▶ [SUPPLIED DATA]:
-- ===== src/Programs/Network.antt =====
-- The two programs together: what is typed into server.cpp, on a network that loses nothing and keeps
-- the order, comes to the client of client.cpp.
use kernel_udp_tcp.Prelude.{
  ℕ, ◌%◌, ◌^◌, ◌<◌, ◌≡◌, refl, ap, sym, ◌∙◌, Bool, true, List, [], ◌∷◌, ◌++◌, Option, none, some,
  length, All, Text, arith,
}
use kernel_udp_tcp.Asio.{Asio, Bytes, Endpoint, InternetProtocol}
use kernel_udp_tcp.Asio.Action.{Act, Outcome, state, ok, ◌>>◌, ok->>=}
use kernel_udp_tcp.Asio.Success.{Succeeds}
use kernel_udp_tcp.UdpClient.Success.{Ready}
use kernel_udp_tcp.UdpServer.{UdpServer}
use kernel_udp_tcp.UdpClient.{UdpClient, on_connected, on_joined}
use kernel_udp_tcp.UdpClient.Connection.{run_connect}
use kernel_udp_tcp.Programs.MulticastServer.{message, broadcast_loop}
use kernel_udp_tcp.Programs.Broadcast.{IsMessage, all_typed, logged, loop_broadcasts}
use kernel_udp_tcp.Programs.MulticastClient.{multicast_client}
use kernel_udp_tcp.Programs.Listening.{Datagram, Listening, arrive_all, heard, arrive_all-heard}
use kernel_udp_tcp.Programs.Connecting.{run_connect-Listening}

-- The datagrams that lines become, with an endpoint.
abbrev pub datagrams : Endpoint → List Text → List Datagram
datagrams e [] = []
datagrams e (l ∷ ls) = (e, message l) ∷ datagrams e ls

-- What was sent to endpoints, as it comes from a sender.
abbrev pub from : Endpoint → List Datagram → List Datagram
from sender [] = []
from sender ((e, bytes) ∷ ds) = (sender, bytes) ∷ from sender ds

pub from-datagrams :
    (sender e : Endpoint) (ls : List Text) → from sender (datagrams e ls) ≡ datagrams sender ls
from-datagrams sender e [] = refl
from-datagrams sender e (l ∷ ls) = ap (◌∷◌ (sender, message l)) (from-datagrams sender e ls)

pub length-datagrams : (e : Endpoint) (ls : List Text) → length (datagrams e ls) ≡ length ls
length-datagrams e [] = refl
length-datagrams e (l ∷ ls) = omega (arith, length-datagrams e ls)

-- A line that is a message, whose datagram is shorter than a buffer.
abbrev pub Fits : ℕ → Text → Type 0
Fits room l = IsMessage l × (length (message l) < room)

pub Fits-IsMessage : (room : ℕ) (ls : List Text) → All (Fits room) ls → All IsMessage ls
Fits-IsMessage room [] h = tt
Fits-IsMessage room (l ∷ ls) h = (h.0.0, Fits-IsMessage room ls h.1)

Fits-datagrams :
    (room : ℕ) (e : Endpoint) (ls : List Text)
    → All (Fits room) ls
    → All (λ d. length d.1 < room) (datagrams e ls)
Fits-datagrams room e [] h = tt
Fits-datagrams room e (l ∷ ls) h = (h.0.1, Fits-datagrams room e ls h.1)

append_one : {A : Type 0} (xs ys : List A) (x : A) → (xs ++ x ∷ []) ++ ys ≡ xs ++ (x ∷ ys)
append_one [] ys x = refl
append_one (z ∷ xs) ys x = ap (◌∷◌ z) (append_one xs ys x)

append_nil : {A : Type 0} (xs : List A) → xs ≡ xs ++ []
append_nil [] = refl
append_nil (x ∷ xs) = ap (◌∷◌ x) (append_nil xs)

-- A socket of the server that sends every datagram whole, and what it has sent.
pub record Sends {Socket : Type 0} (asio : Asio Socket) (sent : Socket → List Datagram)
    : Type 0 where
  pub whole :
      (b : Bytes) (e : Endpoint) (k : Socket)
      → asio.send_to b e k ≡ ((asio.send_to b e k).0, length b, none)
  pub kept :
      (b : Bytes) (e : Endpoint) (k : Socket) → sent (asio.send_to b e k).0 ≡ sent k ++ (e, b) ∷ []

module _ {Socket : Type 0} (asio : Asio Socket) (sent : Socket → List Datagram)
    (sends : Sends asio sent) where
  pub sent-logged :
      (e : Endpoint) (ls : List Text) (k : Socket)
      → sent (logged asio (λ b e k. (asio.send_to b e k).0) e ls k) ≡ sent k ++ datagrams e ls
  sent-logged e [] k = append_nil (sent k)
  sent-logged e (l ∷ ls) k =
      sent-logged e ls (asio.send_to (message l) e k).0
      ∙ ap (λ ds. ds ++ datagrams e ls) (sends.kept (message l) e k)
      ∙ append_one (sent k) (datagrams e ls) (e, message l)

  -- What has been sent when the lines have been read, as it comes from a sender.
  pub sent_by_loop :
      (sender : Endpoint) (ls : List Text) (s u : UdpServer Socket)
      → s.started ≡ true
      → s.datagrams_sent < 2 ^ 64
      → sent s.socket ≡ []
      → All IsMessage ls
      → broadcast_loop asio (all_typed ls) s ≡ some (ok tt u)
      → from sender (sent u.socket) ≡ datagrams sender ls
  sent_by_loop sender ls s u on fits new messages run =
      let (t, ran, socket, counted, still, held) =
        loop_broadcasts asio (λ b e k. (asio.send_to b e k).0) ls s sends.whole on fits messages in
      let same : u ≡ t =
        ap
          (λ (o : Option (Outcome (UdpServer Socket) (Unit {0}))).
            elim o as (λ _. UdpServer Socket) [ none ↦ s | some r ↦ state r ])
          (sym run ∙ ran) in
      ap (from sender) (
        ap (λ (v : UdpServer Socket). sent v.socket) same
        ∙ ap sent socket
        ∙ sent-logged s.multicast_endpoint ls s.socket
        ∙ ap (λ ds. ds ++ datagrams s.multicast_endpoint ls) new)
      ∙ from-datagrams sender s.multicast_endpoint ls

module _ {Socket : Type 0} (asio : Asio Socket) (stop : Bool) (multicast : Text) where
  -- What happens at the client: it connects, and then the datagrams come.
  abbrev pub session : List Datagram → Act (UdpClient Socket) (Unit {0})
  session ds = do
    run_connect asio (multicast_client asio stop multicast)
    arrive_all asio (multicast_client asio stop multicast) ds

module _ {Socket Remote : Type 0} (asio : Asio Socket) (sent : Socket → List Datagram)
    (sends : Sends asio sent) (remote : Asio Remote) (IsClosed IsOpen : Remote → Type 0) (room : ℕ)
    (works : Succeeds remote IsClosed IsOpen room) (stop : Bool) (multicast : Text)
    (group : InternetProtocol × Text) (valid : remote.make_address multicast ≡ some group) where
  -- The lines that are typed into a started server, if each is a message, are what onReceived of a
  -- client that has connected before is called with, each behind the mark of the program, in the
  -- order of typing, after onConnected and onJoinedMulticastGroup; the client counts them and still
  -- listens. Every call of asio succeeds, the datagrams are shorter than the client's buffer, the
  -- network delivers all that the server sent in the order of sending, and no other thread does
  -- anything.
  pub typed_lines_heard :
      (sender : Endpoint) (ls : List Text) (s : UdpServer Socket) (c : UdpClient Remote)
      → s.started ≡ true
      → s.datagrams_sent < 2 ^ 64
      → sent s.socket ≡ []
      → Ready remote c
      → IsClosed c.socket
      → All (Fits room) ls
      → (u : UdpServer Socket) × (broadcast_loop asio (all_typed ls) s ≡ some (ok tt u))
        × (v : UdpClient Remote) × (session remote stop multicast (from sender (sent u.socket)) c
            ≡ ok tt v)
        × (v.calls ≡ heard (datagrams sender ls) (on_joined multicast ∷ on_connected ∷ c.calls))
        × (v.datagrams_received ≡ length ls % 2 ^ 64)
        × Listening room v
  typed_lines_heard sender ls s c on fits new ready closed small =
      let (u, run, socket, counted, still, held) =
        loop_broadcasts asio (λ b e k. (asio.send_to b e k).0) ls s sends.whole on fits
          (Fits-IsMessage room ls small) in
      let (t, connected, listens, calls, zeroed, on_open) =
        run_connect-Listening remote IsClosed IsOpen room works stop multicast group valid c ready
          closed in
      let (v, came, again, all, total, kept) =
        arrive_all-heard remote stop multicast room (datagrams sender ls) t listens
          (omega (arith, zeroed)) (Fits-datagrams room sender ls small) in
      let carried =
        sent_by_loop asio sent sends sender ls s u on fits new (Fits-IsMessage room ls small) run in
      (
        u,
        run,
        v,
        ap (λ ds. session remote stop multicast ds c) carried
            ∙ (ok->>= (run_connect remote (multicast_client remote stop multicast)) _ c connected
                ∙ came),
        all ∙ ap (heard (datagrams sender ls)) calls,
        omega (arith, total, zeroed, length-datagrams sender ls),
        again,
      )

▶ [GOAL OF THE EXERCISE]: Exact duplication is required for the lines above, from the line that contains "abbrev pub session" to the line that contains "(sends : Sends asio sent) (remote", inclusive; omit all others.

▶ [WRITTEN ANSWER]:
  abbrev pub session : List Datagram → Act (UdpClient Socket) (Unit {0})
  session ds = do
    run_connect asio (multicast_client asio stop multicast)
    arrive_all asio (multicast_client asio stop multicast) ds

module _ {Socket Remote : Type 0} (asio : Asio Socket) (sent : Socket → List Datagram)
    (sends : Sends asio sent) (remote : Asio Remote) (IsClosed IsOpen : Remote → Type 0) (room : ℕ)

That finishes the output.